Agents report that after calls end, the call is not logged as an Activity in Salesforce – requiring manual log creation that wastes time and reduces logging compliance. For Service Cloud Voice, this is typically caused by the call not being properly associated with a Case or Contact record during the call. Ensure the agent has accepted the call through the Omni-Channel widget (not just the physical phone) and that the screen pop has fired – an associated record is required for automatic call log creation. For Open CTI integrations, the call logging depends on the CTI adapter’s configuration; check the adapter’s documentation for the saveLog() API call, which must be invoked at call end.

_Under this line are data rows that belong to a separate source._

-- ===== src/CriticalSection/Sound.antt =====
-- The state of all threads, and that a step of one keeps it.
use io_base.Base.{
  ℕ, zero, suc, ◌+◌, ◌==◌, ◌<◌, ◌≤◌, ◌≡◌, refl, sym, subst, true, false, ◌&&◌, ◌⊎◌, inl, inr, List,
  ◌∷◌, ◌++◌, length, arith,
}
use io_base.CriticalSection.Defs.{
  Shared, Call, Stage, owned_by, spin, spin_round, try_enter, leave, release, advance, checks,
  is_leave, is_outside,
}
use io_base.CriticalSection.Invariant.{
  passes, is_inside, signals, waits, Counts, Stands, advance-Local, advance-passes,
}
use io_base.CriticalSection.Stands.{
  total, total-append, AllStand, AllStand-append, AllStand-split, AllStand-free,
}
use Call.{enters, tries, leaves}
use Stage.{outside, spinning, queueing, waiting, entering, inside, releasing, signaling}

unfoldable pub IsSound : List Stage → Shared → Type 0
unfolding total AllStand Counts
IsSound stages h =
    Counts (total passes stages) (total is_inside stages) (total signals stages)
      (total waits stages) h
    × AllStand h.owning_thread_ h.recursion_ 0 stages

-- A step leaves the owner and the recursion as they are, or is one of the thread with the lock and leaves no other
-- owner.
Owner : (self : ℕ) → Stage → Shared → Shared → Type 0
Owner self stage h k =
    ((k.owning_thread_ ≡ h.owning_thread_) × (k.recursion_ ≡ h.recursion_))
    ⊎ ((passes stage + is_inside stage ≡ 1)
        × ((m : ℕ) → (self == m) ≡ false → owned_by k.owning_thread_ m ≡ false))

spin_round-owner :
    (self n : ℕ) (h : Shared)
    → ((spin_round self n h).1.owning_thread_ ≡ h.owning_thread_)
      × ((spin_round self n h).1.recursion_ ≡ h.recursion_)
unfolding spin_round
spin_round-owner self zero h = ground arith
spin_round-owner self (suc n) h = ground arith

try_enter-owner :
    (self : ℕ) (otherwise : Stage) (h : Shared)
    → ((try_enter self otherwise h).1.owning_thread_ ≡ h.owning_thread_)
      × ((try_enter self otherwise h).1.recursion_ ≡ h.recursion_)
unfolding try_enter
try_enter-owner self otherwise h = ground arith

queue-owner :
    (self : ℕ) (h : Shared)
    → ((advance self enters waiting h).1.owning_thread_ ≡ h.owning_thread_)
      × ((advance self enters waiting h).1.recursion_ ≡ h.recursion_)
unfolding advance
queue-owner self h = ground arith

release-owner :
    (h : Shared)
    → ((release h).1.owning_thread_ ≡ h.owning_thread_) × ((release h).1.recursion_ ≡ h.recursion_)
unfolding release
release-owner h = ground arith

left_to_nobody :
    (self m : ℕ) (h : Shared)
    → owned_by h.owning_thread_ self ≡ true
    → (self == m) ≡ false
    → owned_by (leave h).1.owning_thread_ m ≡ false
unfolding leave
left_to_nobody self m h own apart = ground arith

advance-Owner :
    (self : ℕ) (call : Call) (stage : Stage) (h : Shared)
    → is_leave call && is_outside stage ≡ false
    → Stands h.owning_thread_ h.recursion_ self stage
    → Owner self stage h (advance self call stage h).1
unfolding advance Owner
advance-Owner self enters outside h own x = inl (spin_round-owner self spin h)
advance-Owner self tries outside h own x = inl (try_enter-owner self outside h)
advance-Owner self leaves outside h own x = absurd (ground (arith, own))
advance-Owner self call (spinning n) h own x = inl (spin_round-owner self n h)
advance-Owner self call queueing h own x = inl (refl, refl)
advance-Owner self call waiting h own x = inl (queue-owner self h)
advance-Owner self call entering h own x = inr (refl, λ m apart. apart)
advance-Owner self enters inside h own x = inl (spin_round-owner self spin h)
advance-Owner self tries inside h own x = inl (try_enter-owner self inside h)
advance-Owner self leaves inside h own x = inr (refl, λ m apart. left_to_nobody self m h x apart)
advance-Owner self call releasing h own x = inl (release-owner h)
advance-Owner self call signaling h own x = inl (refl, refl)

-- The others stand where they stood.
others-stand :
    (self n : ℕ) (stage : Stage) (h k : Shared) (stages : List Stage)
    (one : passes stage + is_inside stage + (total passes stages + total is_inside stages) ≤ 1)
    → Owner self stage h k
    → ((m : ℕ) → n ≤ m → m < n + length stages → (self == m) ≡ false)
    → AllStand h.owning_thread_ h.recursion_ n stages
    → AllStand k.owning_thread_ k.recursion_ n stages
unfolding Owner
others-stand self n stage h k stages one (inl (same_owner, same_recursion)) apart a =
    rw (same_owner, same_recursion) a
others-stand self n stage h k stages one (inr (has, nobody)) apart a =
    AllStand-free k.owning_thread_ k.recursion_ n stages (omega (arith, one, has))
      (λ m low high. nobody m (apart m low high))

not_below : (self m : ℕ) → m < self → (self == m) ≡ false
not_below self m h = ground arith

not_above : (self m : ℕ) → suc self ≤ m → (self == m) ≡ false
not_above self m h = ground arith

pub advance-IsSound :
    (call : Call) (before : List Stage) (stage : Stage) (after : List Stage) (h : Shared)
    → is_leave call && is_outside stage ≡ false
    → IsSound (before ++ stage ∷ after) h
    → let self = length before in
      (checks self call stage h ≡ true)
      × IsSound (before ++ (advance self call stage h).0 ∷ after) (advance self call stage h).1
unfolding IsSound
advance-IsSound call before stage after h no_stray sound =
    let self = length before in
    let next = (advance self call stage h).0 in
    let k = (advance self call stage h).1 in
    let others = λ (f : Stage → ℕ). total f before + total f after in
    let (b, x, a) = AllStand-split h.owning_thread_ h.recursion_ 0 before stage after sound.1 in
    let own = subst (λ m. Stands h.owning_thread_ h.recursion_ m stage) (omega arith) x in
    let counted : Counts (passes stage + others passes) (is_inside stage + others is_inside)
        (signals stage + others signals) (waits stage + others waits) h =
      rw
        (
          sym (total-append passes before stage after),
          sym (total-append is_inside before stage after),
          sym (total-append signals before stage after),
          sym (total-append waits before stage after),
        )
        sound.0 in
    let (counts, stands) =
      advance-Local (others passes) (others is_inside) (others signals) (others waits) self call
        stage h no_stray (counted, own) in
    let moved = advance-Owner self call stage h no_stray own in
    let few = counted.1 in
    let b' =
      others-stand self 0 stage h k before (omega (arith, few)) moved
        (λ m low high. not_below self m (omega (arith, high))) b in
    let a' =
      others-stand self (suc (0 + self)) stage h k after (omega (arith, few)) moved
        (λ m low high. not_above self m (omega (arith, low))) a in
    (
      advance-passes (others passes) (others is_inside) (others signals) (others waits) self call
          stage h no_stray (counted, own),
      (
        rw
            (
              total-append passes before next after,
              total-append is_inside before next after,
              total-append signals before next after,
              total-append waits before next after,
            )
            counts,
        AllStand-append k.owning_thread_ k.recursion_ 0 before next after b'
            (subst (λ m. Stands k.owning_thread_ k.recursion_ m next) (omega arith) stands) a',
      ),
    )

If calls are logging but with missing fields (no duration, no recording link), check the field permissions on the Task object for the Call Duration, Call Recording URL, and Call Result fields – these must be readable and editable by agent profiles.

Problem: Call Audio Quality Issues with Service Cloud Voice

Agents or customers reporting echo, choppy audio, or dropped calls on Service Cloud Voice (Amazon Connect) points to a network quality problem rather than a Salesforce configuration issue. Resolution steps: first, run Amazon Connect’s built-in network quality test from the agent’s browser (accessible via the CCP – Contact Control Panel – by navigating to the diagnostics section) to identify packet loss, jitter, and latency metrics. Amazon Connect requires less than 150ms round-trip latency, less than 2% packet loss, and less than 30ms jitter for acceptable call quality. If the network test fails, escalate to the network team to prioritise VoIP traffic (UDP) on the corporate network and ensure firewall rules permit Amazon Connect’s required IP ranges and ports (documented in the Amazon Connect network requirements guide). For remote agents, ensure they are using a wired connection rather than Wi-Fi and that their ISP provides sufficient upload bandwidth (1 Mbps minimum per concurrent call).